→ Description of the task
The lines from the start of the records through the one containing "length-take (suc n) (x" are to be transcribed exactly, and nothing else.
*** Records for this exercise
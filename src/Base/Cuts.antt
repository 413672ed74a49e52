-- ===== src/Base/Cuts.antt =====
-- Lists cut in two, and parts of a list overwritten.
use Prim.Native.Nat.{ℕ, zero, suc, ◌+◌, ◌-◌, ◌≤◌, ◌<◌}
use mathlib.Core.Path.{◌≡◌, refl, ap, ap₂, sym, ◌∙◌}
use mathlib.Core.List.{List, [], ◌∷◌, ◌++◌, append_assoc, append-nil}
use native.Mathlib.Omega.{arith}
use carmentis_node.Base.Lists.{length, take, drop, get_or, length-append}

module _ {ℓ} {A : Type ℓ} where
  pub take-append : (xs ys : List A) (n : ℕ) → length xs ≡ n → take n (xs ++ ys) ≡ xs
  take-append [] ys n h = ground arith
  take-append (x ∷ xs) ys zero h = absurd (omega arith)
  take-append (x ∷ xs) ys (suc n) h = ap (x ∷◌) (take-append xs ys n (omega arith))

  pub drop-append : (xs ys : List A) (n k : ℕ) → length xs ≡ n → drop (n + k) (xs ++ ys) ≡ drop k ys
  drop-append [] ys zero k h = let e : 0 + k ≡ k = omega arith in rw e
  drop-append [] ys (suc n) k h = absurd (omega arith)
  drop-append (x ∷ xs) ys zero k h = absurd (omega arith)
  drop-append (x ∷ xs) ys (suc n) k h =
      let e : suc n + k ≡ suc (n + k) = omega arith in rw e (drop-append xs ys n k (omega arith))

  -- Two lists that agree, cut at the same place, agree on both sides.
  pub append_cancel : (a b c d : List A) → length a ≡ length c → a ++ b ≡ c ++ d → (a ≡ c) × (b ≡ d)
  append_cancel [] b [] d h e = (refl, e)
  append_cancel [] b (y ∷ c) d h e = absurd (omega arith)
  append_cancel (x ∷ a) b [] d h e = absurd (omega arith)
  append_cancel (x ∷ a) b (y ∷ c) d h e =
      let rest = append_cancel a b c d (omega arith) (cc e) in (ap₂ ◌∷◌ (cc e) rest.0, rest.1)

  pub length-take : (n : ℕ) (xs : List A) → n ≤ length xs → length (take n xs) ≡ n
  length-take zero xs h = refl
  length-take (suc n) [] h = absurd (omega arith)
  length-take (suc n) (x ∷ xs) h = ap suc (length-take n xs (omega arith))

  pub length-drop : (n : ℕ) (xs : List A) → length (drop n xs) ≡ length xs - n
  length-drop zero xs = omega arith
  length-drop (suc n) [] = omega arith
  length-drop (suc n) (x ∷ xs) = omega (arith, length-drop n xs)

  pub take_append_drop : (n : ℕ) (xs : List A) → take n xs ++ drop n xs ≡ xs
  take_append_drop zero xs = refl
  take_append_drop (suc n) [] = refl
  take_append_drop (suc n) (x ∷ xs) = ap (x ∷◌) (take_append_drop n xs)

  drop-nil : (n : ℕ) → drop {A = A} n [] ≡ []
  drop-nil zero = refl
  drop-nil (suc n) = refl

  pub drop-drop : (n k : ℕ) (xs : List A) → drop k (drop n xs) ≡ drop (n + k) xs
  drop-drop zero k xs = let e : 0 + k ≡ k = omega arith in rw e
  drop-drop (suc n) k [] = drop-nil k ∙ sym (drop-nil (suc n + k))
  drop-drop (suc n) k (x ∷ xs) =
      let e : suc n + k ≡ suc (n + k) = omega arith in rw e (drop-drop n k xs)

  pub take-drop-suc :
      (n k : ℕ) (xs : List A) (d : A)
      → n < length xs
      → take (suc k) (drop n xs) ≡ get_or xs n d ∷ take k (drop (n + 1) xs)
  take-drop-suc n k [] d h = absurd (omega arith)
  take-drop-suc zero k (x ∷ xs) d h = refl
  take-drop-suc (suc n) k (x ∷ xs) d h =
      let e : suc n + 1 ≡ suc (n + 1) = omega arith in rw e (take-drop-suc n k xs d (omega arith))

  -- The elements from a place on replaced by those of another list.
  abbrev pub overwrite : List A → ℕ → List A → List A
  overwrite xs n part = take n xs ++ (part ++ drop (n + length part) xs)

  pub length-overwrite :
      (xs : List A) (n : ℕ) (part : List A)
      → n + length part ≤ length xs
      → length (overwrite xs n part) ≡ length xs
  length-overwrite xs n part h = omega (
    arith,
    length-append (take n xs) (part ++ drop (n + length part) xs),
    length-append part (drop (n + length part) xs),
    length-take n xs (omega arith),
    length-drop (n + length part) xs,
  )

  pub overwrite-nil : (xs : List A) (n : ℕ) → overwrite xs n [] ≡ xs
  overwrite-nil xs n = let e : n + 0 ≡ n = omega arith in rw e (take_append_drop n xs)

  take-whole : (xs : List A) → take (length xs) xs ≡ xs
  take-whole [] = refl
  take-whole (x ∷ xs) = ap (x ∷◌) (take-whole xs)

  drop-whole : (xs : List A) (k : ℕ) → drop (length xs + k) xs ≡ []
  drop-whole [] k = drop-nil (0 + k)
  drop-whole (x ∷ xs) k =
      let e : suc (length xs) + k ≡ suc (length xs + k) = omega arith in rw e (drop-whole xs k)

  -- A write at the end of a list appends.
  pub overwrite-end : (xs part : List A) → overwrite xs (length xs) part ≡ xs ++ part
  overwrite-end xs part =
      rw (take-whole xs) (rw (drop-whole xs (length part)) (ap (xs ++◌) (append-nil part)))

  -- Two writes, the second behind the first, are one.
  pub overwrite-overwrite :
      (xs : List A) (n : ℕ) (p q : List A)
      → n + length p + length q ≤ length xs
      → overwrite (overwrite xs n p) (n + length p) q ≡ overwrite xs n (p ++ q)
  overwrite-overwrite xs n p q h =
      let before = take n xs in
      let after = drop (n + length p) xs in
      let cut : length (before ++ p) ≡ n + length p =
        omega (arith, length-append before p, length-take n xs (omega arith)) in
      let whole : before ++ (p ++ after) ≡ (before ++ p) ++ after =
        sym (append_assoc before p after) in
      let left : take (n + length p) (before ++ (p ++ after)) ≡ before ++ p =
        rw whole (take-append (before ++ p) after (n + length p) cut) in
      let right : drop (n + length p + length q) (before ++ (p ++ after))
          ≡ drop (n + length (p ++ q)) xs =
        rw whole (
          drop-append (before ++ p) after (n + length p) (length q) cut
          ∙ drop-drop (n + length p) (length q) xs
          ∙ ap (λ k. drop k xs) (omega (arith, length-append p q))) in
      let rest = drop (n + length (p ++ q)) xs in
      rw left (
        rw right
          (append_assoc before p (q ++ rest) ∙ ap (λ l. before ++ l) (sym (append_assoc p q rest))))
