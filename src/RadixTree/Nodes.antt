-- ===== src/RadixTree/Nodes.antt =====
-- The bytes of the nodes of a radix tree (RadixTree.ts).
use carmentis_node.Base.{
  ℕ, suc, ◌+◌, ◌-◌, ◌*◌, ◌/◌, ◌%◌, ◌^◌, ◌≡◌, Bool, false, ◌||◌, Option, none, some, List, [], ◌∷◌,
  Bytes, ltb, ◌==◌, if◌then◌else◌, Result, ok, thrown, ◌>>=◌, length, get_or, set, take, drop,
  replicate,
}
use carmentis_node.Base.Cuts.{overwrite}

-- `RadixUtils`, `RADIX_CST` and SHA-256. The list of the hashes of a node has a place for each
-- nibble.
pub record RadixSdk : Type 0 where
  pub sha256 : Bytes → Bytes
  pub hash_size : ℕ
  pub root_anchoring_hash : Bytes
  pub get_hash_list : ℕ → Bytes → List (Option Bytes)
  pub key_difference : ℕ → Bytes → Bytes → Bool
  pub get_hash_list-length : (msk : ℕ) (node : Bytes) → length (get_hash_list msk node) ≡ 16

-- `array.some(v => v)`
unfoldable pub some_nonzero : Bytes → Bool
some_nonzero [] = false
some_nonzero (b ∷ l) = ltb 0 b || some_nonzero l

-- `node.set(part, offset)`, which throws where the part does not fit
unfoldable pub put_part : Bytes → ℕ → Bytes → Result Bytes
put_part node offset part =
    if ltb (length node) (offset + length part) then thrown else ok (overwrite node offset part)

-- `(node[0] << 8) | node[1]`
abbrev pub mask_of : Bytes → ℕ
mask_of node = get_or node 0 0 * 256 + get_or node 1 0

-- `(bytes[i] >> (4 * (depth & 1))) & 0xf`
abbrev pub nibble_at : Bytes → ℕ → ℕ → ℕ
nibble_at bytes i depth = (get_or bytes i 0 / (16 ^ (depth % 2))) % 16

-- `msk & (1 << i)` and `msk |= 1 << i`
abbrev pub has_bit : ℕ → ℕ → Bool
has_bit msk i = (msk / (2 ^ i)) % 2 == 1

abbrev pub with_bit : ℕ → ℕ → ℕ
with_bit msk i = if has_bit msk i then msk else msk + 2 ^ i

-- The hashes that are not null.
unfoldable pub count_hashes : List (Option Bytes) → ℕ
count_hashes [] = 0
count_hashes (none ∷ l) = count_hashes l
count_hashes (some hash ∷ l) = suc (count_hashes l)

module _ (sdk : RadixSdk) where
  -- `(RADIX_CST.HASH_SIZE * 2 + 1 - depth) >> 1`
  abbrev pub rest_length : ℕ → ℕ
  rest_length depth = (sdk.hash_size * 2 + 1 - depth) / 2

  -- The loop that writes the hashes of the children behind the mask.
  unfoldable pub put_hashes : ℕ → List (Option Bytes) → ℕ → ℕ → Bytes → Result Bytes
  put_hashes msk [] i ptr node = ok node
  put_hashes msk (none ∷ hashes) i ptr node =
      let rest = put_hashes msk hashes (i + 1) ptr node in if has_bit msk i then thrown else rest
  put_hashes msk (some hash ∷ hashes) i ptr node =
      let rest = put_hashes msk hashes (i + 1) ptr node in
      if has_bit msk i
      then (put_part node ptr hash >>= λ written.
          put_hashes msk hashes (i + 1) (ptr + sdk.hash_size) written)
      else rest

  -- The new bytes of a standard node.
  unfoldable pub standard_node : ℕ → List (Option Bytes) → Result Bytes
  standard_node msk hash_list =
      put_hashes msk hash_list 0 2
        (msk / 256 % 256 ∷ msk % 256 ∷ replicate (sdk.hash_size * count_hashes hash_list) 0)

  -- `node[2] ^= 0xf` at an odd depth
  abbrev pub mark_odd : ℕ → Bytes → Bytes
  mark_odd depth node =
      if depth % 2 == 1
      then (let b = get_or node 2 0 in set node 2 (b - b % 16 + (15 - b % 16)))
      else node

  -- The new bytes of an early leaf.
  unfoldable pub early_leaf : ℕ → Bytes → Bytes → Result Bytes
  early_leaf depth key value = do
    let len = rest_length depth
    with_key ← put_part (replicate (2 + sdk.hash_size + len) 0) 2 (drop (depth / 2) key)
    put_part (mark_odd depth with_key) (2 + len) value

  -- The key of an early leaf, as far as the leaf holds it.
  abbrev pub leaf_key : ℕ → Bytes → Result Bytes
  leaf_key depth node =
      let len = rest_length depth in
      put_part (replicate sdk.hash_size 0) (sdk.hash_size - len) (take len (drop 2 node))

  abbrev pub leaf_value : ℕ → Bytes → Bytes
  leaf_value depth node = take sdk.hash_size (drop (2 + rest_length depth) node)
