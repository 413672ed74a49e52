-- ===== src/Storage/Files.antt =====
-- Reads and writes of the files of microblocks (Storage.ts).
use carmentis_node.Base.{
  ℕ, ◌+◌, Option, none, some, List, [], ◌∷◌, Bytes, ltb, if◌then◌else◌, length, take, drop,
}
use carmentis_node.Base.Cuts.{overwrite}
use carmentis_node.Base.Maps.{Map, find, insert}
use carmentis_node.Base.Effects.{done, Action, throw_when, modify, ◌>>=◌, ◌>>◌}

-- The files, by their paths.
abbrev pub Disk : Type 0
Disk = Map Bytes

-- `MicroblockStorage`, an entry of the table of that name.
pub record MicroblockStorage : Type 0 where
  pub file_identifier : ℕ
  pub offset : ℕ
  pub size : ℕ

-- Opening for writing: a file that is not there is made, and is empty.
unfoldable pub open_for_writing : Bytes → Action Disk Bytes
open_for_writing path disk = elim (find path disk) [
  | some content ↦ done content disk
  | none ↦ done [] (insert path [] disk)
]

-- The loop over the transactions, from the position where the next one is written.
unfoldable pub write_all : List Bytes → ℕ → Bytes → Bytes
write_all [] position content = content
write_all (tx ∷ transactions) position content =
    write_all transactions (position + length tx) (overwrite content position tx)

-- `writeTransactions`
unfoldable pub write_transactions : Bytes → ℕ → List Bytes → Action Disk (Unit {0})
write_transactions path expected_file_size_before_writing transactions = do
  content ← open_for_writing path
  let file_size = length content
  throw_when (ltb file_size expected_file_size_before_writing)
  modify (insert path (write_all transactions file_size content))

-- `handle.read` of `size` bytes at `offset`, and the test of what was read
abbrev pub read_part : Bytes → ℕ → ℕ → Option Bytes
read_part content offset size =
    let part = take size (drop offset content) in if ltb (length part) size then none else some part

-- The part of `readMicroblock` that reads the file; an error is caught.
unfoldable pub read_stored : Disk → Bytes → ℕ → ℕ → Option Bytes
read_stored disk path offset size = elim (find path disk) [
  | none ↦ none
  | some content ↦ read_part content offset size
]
******
→ The answer
filename src/Base/Cuts.antt
repository 413672ed74a49e52
-- ===== src/Base/Cuts.antt =====
-- Lists cut in two, and parts of a list overwritten.
use Prim.Native.Nat.{ℕ, zero, suc, ◌+◌, ◌-◌, ◌≤◌, ◌<◌}
use mathlib.Core.Path.{◌≡◌, refl, ap, ap₂, sym, ◌∙◌}
use mathlib.Core.List.{List, [], ◌∷◌, ◌++◌, append_assoc, append-nil}
use native.Mathlib.Omega.{arith}
use carmentis_node.Base.Lists.{length, take, drop, get_or, length-append}

module _ {ℓ} {A : Type ℓ} where
  pub take-append : (xs ys : List A) (n : ℕ) → length xs ≡ n → take n (xs ++ ys) ≡ xs
  take-append [] ys n h = ground arith
  take-append (x ∷ xs) ys zero h = absurd (omega arith)
  take-append (x ∷ xs) ys (suc n) h = ap (x ∷◌) (take-append xs ys n (omega arith))

  pub drop-append : (xs ys : List A) (n k : ℕ) → length xs ≡ n → drop (n + k) (xs ++ ys) ≡ drop k ys
  drop-append [] ys zero k h = let e : 0 + k ≡ k = omega arith in rw e
  drop-append [] ys (suc n) k h = absurd (omega arith)
  drop-append (x ∷ xs) ys zero k h = absurd (omega arith)
  drop-append (x ∷ xs) ys (suc n) k h =
      let e : suc n + k ≡ suc (n + k) = omega arith in rw e (drop-append xs ys n k (omega arith))

  -- Two lists that agree, cut at the same place, agree on both sides.
  pub append_cancel : (a b c d : List A) → length a ≡ length c → a ++ b ≡ c ++ d → (a ≡ c) × (b ≡ d)
  append_cancel [] b [] d h e = (refl, e)
  append_cancel [] b (y ∷ c) d h e = absurd (omega arith)
  append_cancel (x ∷ a) b [] d h e = absurd (omega arith)
  append_cancel (x ∷ a) b (y ∷ c) d h e =
      let rest = append_cancel a b c d (omega arith) (cc e) in (ap₂ ◌∷◌ (cc e) rest.0, rest.1)

  pub length-take : (n : ℕ) (xs : List A) → n ≤ length xs → length (take n xs) ≡ n
  length-take zero xs h = refl
  length-take (suc n) [] h = absurd (omega arith)
  length-take (suc n) (x ∷ xs) h = ap suc (length-take n xs (omega arith))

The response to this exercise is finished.